At school each day I’d see all the teenage girls who were normal. Most of them would be able to have kids one day. Thinking about it, I would become physically sick, running into the bathroom to vomit. I cried all the time. I couldn’t stand the sight of babies on the street. I had been stripped of the one basic hope I’d had for my life—to become a mother.

I called another gynecologist and brought him all my medical records. I told him that I couldn’t have children. I said I’d heard about a surgery where doctors could open up the fallopian tube with a tiny balloon.

I said, “I want that. I want that done right now.”

He shook his head. “You’re seventeen years old, and there isn’t anybody in the world who is going to do this operation on a teenager. It’s unethical at your age.”

He didn’t understand. I told him I’d use condoms; I just needed to regain the
ability
to have children. I begged and pleaded, but he still said no.

Then he told me that on top of my PID, I’d probably need surgery every five years to remove the scar tissue that could keep growing. All he gave me was more bad news.

I was almost suicidal. But my grandmother had just died six months earlier, and I had new thoughts about life and death. I was a senior at this point, but my junior thesis had been on reincarnation. I wanted to know what happened after a person died. Could Mee Maw live again as a butterfly or a bird? Was I thinking wishfully, or was it a real possibility? Through my research, I began to believe in reincarnation like the Buddhists do. I read that if you kill yourself, your body becomes trapped in the place where you died. I hung on to the idea that the soul can only exist where life ended. I thought,
I can’t get stuck in this hell forever
. I also remembered my sickening botched attempt with Dimetapp. Suicide wasn’t the answer this time, but I sure thought about it.
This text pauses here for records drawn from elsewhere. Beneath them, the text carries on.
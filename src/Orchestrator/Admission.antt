-- ===== src/Orchestrator/Admission.antt =====
-- What `submit` leaves behind.
use mathlib.Core.List.{map-append}
use software_engineering_age.Prelude.{
  suc, ◌<>◌, String, ◌≡◌, refl, ◌∙◌, ap, none, some, [], ◌∷◌, ◌++◌, map, arith, eq_iff,
}
use software_engineering_age.Domain.{queued, task_created, task_queued, TaskCreate, TaskView}
use software_engineering_age.Effects.{Exn, ok, err, ◌>>=◌}
use software_engineering_age.Lifecycle.{validate_transition}
use software_engineering_age.Table.{find, find-append, IsKeyed, IsKeyed-append}
use software_engineering_age.Models.{TaskRow, SessionRow, EventRow, World, new_id, uuid}
use software_engineering_age.Repositories.Tasks.{
  task_key, session_key, task_view, no_changes, transition, create, insert_pair, new_task_row,
  new_session_row, apply_values, task_values,
}
use software_engineering_age.Repositories.Tasks.Transition.{
  transition_lem, transitioned, find-transitioned,
}
use software_engineering_age.Queue
use software_engineering_age.Events
use software_engineering_age.Events.{event_of}
use software_engineering_age.Events.Log.{
  IsLog, IsNumbered, events_of, append_lem, append-IsLog, appended, logged, counted_up,
}
use software_engineering_age.Security.{authorize_repositories}
use software_engineering_age.Orchestrator.{Settings, count_submitted, submit, submission_payload}

-- A request with a repository that the policy refuses is answered with the policy's error before
-- anything is written.
pub submit_refused :
    (settings : Settings) (request : TaskCreate) (w : World) (e : Exn)
    → authorize_repositories settings.urls settings.repo_hosts request.repositories ≡ err e
    → submit settings request w ≡ (err e, w)
unfolding submit ◌>>=◌
submit_refused settings request w e refused = ground arith

-- The identifiers that `create` draws next.
abbrev next_task : World → String
next_task w = "task" <> ("_" <> w.uuid4 w.drawn)

abbrev next_session : World → String
next_session w = "session" <> ("_" <> w.uuid4 (suc w.drawn))

-- The identifiers are new, as `uuid4` promises, and the tables are keyed.
pub record IsReady (w : World) : Type 0 where
  pub keyed : IsKeyed task_key w.tasks
  pub new_task : find task_key (next_task w) w.tasks ≡ none
  pub new_session : find session_key (next_session w) w.sessions ≡ none
  pub no_events : events_of (next_task w) w.events ≡ []

abbrev pub created_world : TaskCreate → World → World
created_world request w = record w {
  drawn = suc (suc w.drawn);
  tasks = w.tasks ++ new_task_row (next_task w) (next_session w) request w.now ∷ [];
  sessions = w.sessions ++ new_session_row (next_session w) (next_task w) w.now ∷ [];
}

pub create_lem :
    (request : TaskCreate) (w : World)
    → IsReady w
    → create request w ≡ (
      ok (task_view (new_task_row (next_task w) (next_session w) request w.now)),
      created_world request w,
    )
unfolding create insert_pair new_id ◌>>=◌
create_lem request w ready = ground (arith, ready.new_task, ready.new_session)

-- The log of the task that `create` has just made: empty, with the counter at 0.
pub create-IsLog :
    (request : TaskCreate) (w : World)
    → IsReady w
    → IsLog
        (next_task w)
        (next_session w)
        (created_world request w)
        (new_session_row (next_session w) (next_task w) w.now)
create-IsLog request w ready = record {
  found = ground (
    arith,
    find-append session_key (next_session w) w.sessions
        (new_session_row (next_session w) (next_task w) w.now),
    ready.new_session,
    eq_iff (next_session w) (next_session w),
  );
  numbered = rw ready.no_events tt;
  counted = rw ready.no_events refl;
}

abbrev made : TaskCreate → World → TaskRow
made request w = new_task_row (next_task w) (next_session w) request w.now

abbrev first_session : World → SessionRow
first_session w = new_session_row (next_session w) (next_task w) w.now

-- The stages of `submit`: the TASK_CREATED event, the transition, the TASK_QUEUED event.
abbrev announced : TaskCreate → World → World
announced request w =
    logged
      (appended (next_task w) (next_session w) task_created
        (submission_payload (task_view (made request w))) (created_world request w)
        (first_session w))
      (created_world request w)

abbrev enqueued : TaskCreate → World → World
enqueued request w =
    transitioned (next_task w) (made request w) queued no_changes (announced request w)

abbrev queued_view : TaskCreate → World → TaskView
queued_view request w =
    task_view (apply_values (task_values (made request w) queued no_changes w.now) (made request w))

abbrev announcement : TaskCreate → World → EventRow
announcement request w =
    appended (next_task w) (next_session w) task_created
      (submission_payload (task_view (made request w))) (created_world request w) (first_session w)

abbrev notice : TaskCreate → World → EventRow
notice request w =
    appended (next_task w) (next_session w) task_queued [] (enqueued request w)
      (counted_up (created_world request w) (first_session w))

abbrev notified : TaskCreate → World → World
notified request w = logged (notice request w) (enqueued request w)

-- the item is put and the submission counted
abbrev finished : TaskCreate → World → World
finished request w =
    let n = notified request w in
    record n {
      drawn = suc n.drawn;
      queue = n.queue ++ record { task_id = next_task w; receipt = n.uuid4 n.drawn } ∷ [];
      metrics = record n.metrics { submitted = suc n.metrics.submitted };
    }

module _ (request : TaskCreate) (w : World) (ready : IsReady w) where
  announced_found : find task_key (next_task w) (announced request w).tasks ≡ some (made request w)
  announced_found = ground (
    arith,
    find-append task_key (next_task w) w.tasks (made request w),
    ready.new_task,
    eq_iff (next_task w) (next_task w),
  )

  announced-IsKeyed : IsKeyed task_key (announced request w).tasks
  announced-IsKeyed = IsKeyed-append task_key w.tasks (made request w) ready.new_task ready.keyed

  announced_eq :
      Events.append
        (next_task w)
        (next_session w)
        task_created
        (submission_payload (task_view (made request w)))
        (created_world request w)
      ≡ (
        ok (
            event_of (
              appended
                (next_task w)
                (next_session w)
                task_created
                (submission_payload (task_view (made request w)))
                (created_world request w)
                (first_session w))),
        announced request w,
      )
  announced_eq =
      append_lem (next_task w) (next_session w) task_created
        (submission_payload (task_view (made request w))) (created_world request w)
        (first_session w) (create-IsLog request w ready)

  enqueued_eq :
      transition (next_task w) queued no_changes (announced request w)
      ≡ (ok (queued_view request w), enqueued request w)
  enqueued_eq =
      rw (transition_lem (next_task w) queued no_changes (announced request w) announced-IsKeyed)
        (rw announced_found (unfold validate_transition in refl))

  after_announcing :
      IsLog
        (next_task w)
        (next_session w)
        (announced request w)
        (counted_up (created_world request w) (first_session w))
      × (events_of (next_task w) (announced request w).events ≡ announcement request w ∷ [])
  after_announcing =
      let (log, added) = rw announced_eq at (
        append-IsLog (next_task w) (next_session w) task_created
          (submission_payload (task_view (made request w))) (created_world request w)
          (first_session w) (create-IsLog request w ready)) in
      (log, added ∙ ap (λ rows. rows ++ announcement request w ∷ []) ready.no_events)

  enqueued-IsLog :
      IsLog
        (next_task w)
        (next_session w)
        (enqueued request w)
        (counted_up (created_world request w) (first_session w))
  enqueued-IsLog =
      let log = after_announcing.0 in
      record { found = log.found; numbered = log.numbered; counted = log.counted }

  notified_eq :
      Events.append (next_task w) (next_session w) task_queued [] (enqueued request w)
      ≡ (ok (event_of (notice request w)), notified request w)
  notified_eq =
      append_lem (next_task w) (next_session w) task_queued [] (enqueued request w)
        (counted_up (created_world request w) (first_session w)) enqueued-IsLog

  submit_runs :
      (settings : Settings)
      → authorize_repositories settings.urls settings.repo_hosts request.repositories ≡ ok tt
      → submit settings request w ≡ (ok (queued_view request w), finished request w)
  unfolding submit Queue.put uuid count_submitted ◌>>=◌
  submit_runs settings allowed =
      ground (arith, create_lem request w ready, announced_eq, enqueued_eq, notified_eq)

-- An authorized request on tables where the drawn identifiers are new: `submit` returns the task as
-- queued, its row has that status, its log is TASK_CREATED and TASK_QUEUED, numbered 1 and 2, and
-- the queue has one item more, the last, which names the task.
pub submit_lem :
    (settings : Settings) (request : TaskCreate) (w : World)
    → IsReady w
    → authorize_repositories settings.urls settings.repo_hosts request.repositories ≡ ok tt
    → let (r, w') = submit settings request w in
      ((view : TaskView) × (r ≡ ok view) × (view.id ≡ next_task w) × (view.status ≡ queued))
      × ((row : TaskRow) × (find task_key (next_task w) w'.tasks ≡ some row)
          × (row.status ≡ queued)
          × (row.instruction ≡ request.instruction))
      × (map (λ e. e.type) (events_of (next_task w) w'.events) ≡ task_created ∷ task_queued ∷ [])
      × IsNumbered 0 (events_of (next_task w) w'.events)
      × (map (λ i. i.task_id) w'.queue ≡ map (λ i. i.task_id) w.queue ++ next_task w ∷ [])
submit_lem settings request w ready allowed = rw (submit_runs request w ready settings allowed) (
  (queued_view request w, refl, refl, refl),
  (
    apply_values (task_values (made request w) queued no_changes w.now) (made request w),
    ground (
      arith,
      find-transitioned (next_task w) (next_task w) (made request w) queued no_changes
          (announced request w) (announced_found request w ready),
      eq_iff (next_task w) (next_task w),
    ),
    refl,
    refl,
  ),
  ap (map (λ (e : EventRow). e.type)) (
      notified_log.1
      ∙ ap (λ rows. rows ++ notice request w ∷ []) (after_announcing request w ready).1),
  notified_log.0.numbered,
  map-append _ w.queue _,
)
  where
    notified_log :
        IsLog
          (next_task w)
          (next_session w)
          (notified request w)
          (counted_up (enqueued request w) (counted_up (created_world request w) (first_session w)))
        × (events_of (next_task w) (notified request w).events
            ≡ events_of (next_task w) (enqueued request w).events ++ notice request w ∷ [])
    notified_log = rw (notified_eq request w ready) at (
        append-IsLog (next_task w) (next_session w) task_queued [] (enqueued request w)
          (counted_up (created_world request w) (first_session w)) (enqueued-IsLog request w ready))
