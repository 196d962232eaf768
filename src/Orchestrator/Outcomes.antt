-- ===== src/Orchestrator/Outcomes.antt =====
-- What cancellation, failure and a redelivered item lead to.
use software_engineering_age.Prelude.{
  subst, sym, String, ◌≡◌, refl, ◌⊎◌, true, false, not, some, List, [], ◌∷◌, arith, contains,
  eq_iff, ◌==◌, select,
}
use software_engineering_age.Domain.{
  created, cancelling, cancelled, completed, failed, status_value,
}
use software_engineering_age.Effects.{ok, err, invalid_state_transition, ◌>>=◌}
use software_engineering_age.Lifecycle.{validate_transition}
use software_engineering_age.Table.{find, find-key, IsKeyed}
use software_engineering_age.Models.{TaskRow, WorkItem, World}
use software_engineering_age.Repositories.Tasks.{
  task_key, task_view, no_changes, require, transition,
}
use software_engineering_age.Repositories.Tasks.Transition.{transition_lem}
use software_engineering_age.Queue
use software_engineering_age.Orchestrator.{cancel}
use software_engineering_age.Orchestrator.Execute.{Services, execute}
use software_engineering_age.Orchestrator.Worker.{
  run_item, process, worker_round, acknowledge, start_running,
}

pub require_found :
    (id : String) (w : World) (row : TaskRow)
    → find task_key id w.tasks ≡ some row
    → require id w ≡ (ok (task_view row), w)
unfolding require ◌>>=◌
require_found id w row found = ground arith

created_refuses :
    (id : String) (w : World) (row : TaskRow)
    → IsKeyed task_key w.tasks
    → find task_key id w.tasks ≡ some row
    → row.status ≡ created
    → transition id cancelling no_changes w
      ≡ (err (invalid_state_transition "cannot transition task from created to cancelling"), w)
created_refuses id w row keyed found fresh =
    rw (transition_lem id cancelling no_changes w keyed)
      (rw found (unfold validate_transition status_value in rw fresh))

-- On a table with one row to an id, cancelling a task that was created and never queued raises
-- and changes nothing.
pub cancel_created :
    (id : String) (w : World) (row : TaskRow)
    → IsKeyed task_key w.tasks
    → find task_key id w.tasks ≡ some row
    → row.status ≡ created
    → cancel id w
      ≡ (err (invalid_state_transition "cannot transition task from created to cancelling"), w)
unfolding cancel ◌>>=◌
cancel_created id w row keyed found fresh =
    let same : row.id ≡ id = find-key task_key id w.tasks row found in
    rw (require_found id w row found) (
      ground (
        arith,
        subst
            (λ j. transition j cancelling no_changes w ≡ (
              err (invalid_state_transition "cannot transition task from created to cancelling"),
              w,
            ))
            (sym same) (created_refuses id w row keyed found fresh),
      ))

-- Cancelling a task that is over returns it and changes nothing.
pub cancel_final :
    (id : String) (w : World) (row : TaskRow)
    → find task_key id w.tasks ≡ some row
    → (row.status ≡ completed) ⊎ ((row.status ≡ cancelled) ⊎ (row.status ≡ failed))
    → cancel id w ≡ (ok (task_view row), w)
unfolding cancel ◌>>=◌
cancel_final id w row found over = ground (arith, require_found id w row found)

not_in_select :
    (id : String) (ids : List String) → contains id (select (λ t. not (t == id)) ids) ≡ false
not_in_select id [] = refl
not_in_select id (t ∷ ids) = ground (arith, not_in_select id ids, eq_iff id t, eq_iff t id)

-- After an item's execution, however it ended, its task is no longer among the running ones.
pub run_item_clears :
    (services : Services) (item : WorkItem) (w : World)
    → contains item.task_id (run_item services item w).1.running ≡ false
unfolding run_item
run_item_clears services item w =
    let (outcome, w₁) = execute services item.task_id (start_running item.task_id w) in
    let (r, w₂) = acknowledge item outcome w₁ in not_in_select item.task_id w₂.running

-- An item whose task this process is executing is taken and acknowledged without a second
-- execution: only the queue changes.
pub worker_round_duplicate :
    (services : Services) (item : WorkItem) (rest : List WorkItem) (w : World)
    → w.queue ≡ item ∷ rest
    → contains item.task_id w.running ≡ true
    → worker_round services w ≡ (ok tt, record w { queue = rest })
unfolding worker_round process Queue.get Queue.ack ◌>>=◌
worker_round_duplicate services item rest w waiting runs = ground arith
I didn’t tell Rob what I was going through. He knew a little bit about the health issue, but not too much. I would just see him and cry for no reason. I had been visiting doctors trying to get fixed. I thought, if I have a problem, well then,
fix it!
If I could get back the ability to have children, everything would be okay with me. Everything would be okay with Rob and me, too. But that wasn’t happening. He didn’t understand where all my crying was coming from. He was patient, though, because he knew I’d been in pain. When we had sex, I’d cry again. It hurt physically and emotionally. Sex was a reminder that I was barren. I had nothing to give him.

I couldn’t look at my dad. I blamed him completely, and I was always mad at him. I hated him for what he had done and continued to do to me. I hated him for the things he’d made me do against my will. Before I’d been treated for PID, I could still bring myself to separate him into two people. I could see the traces of Daddy, the man on the tractor with me in Alhambra. But once I was told I would never have kids, he became just Tom. Something inside me changed. I stopped loving my father. I stopped making excuses for him. Everything just stopped. I felt numb when I thought of him. He knew it because for the first time, I started becoming aggressive toward him. Before I’d gone into the hospital, I’d given him two Rolling Stones tickets for his birthday. The show date was after I got out.

He asked me if I wanted to go. I told him, “No, and you’re lucky you got those from me.”

He didn’t understand. He couldn’t put my behavior in perspective. I was hurt emotionally and physically, but I’d always been hurt. Now I was damaged, but I was almost an adult. I was overcome with hate and anger, and he didn’t know what to do about it. I became a daughter he didn’t recognize.

Everything was bad all the time. I didn’t know how to separate pain from pleasure anymore. Life was too terrible too suddenly. I couldn’t function. I had to leave but I didn’t know where to go. I thought about telling Rob, because I knew he would stand up for me. But his mother and young brothers happened to live in Highland, of all places. My dad would be able to find them easily, and he would threaten to harm them if that’s what it took to get back at me.

I called my mother and told her that I was coming to live with her. She wasn’t tickled pink, but she told me I was welcome. Arrangements had to be made. My dad had to be convinced to let me go.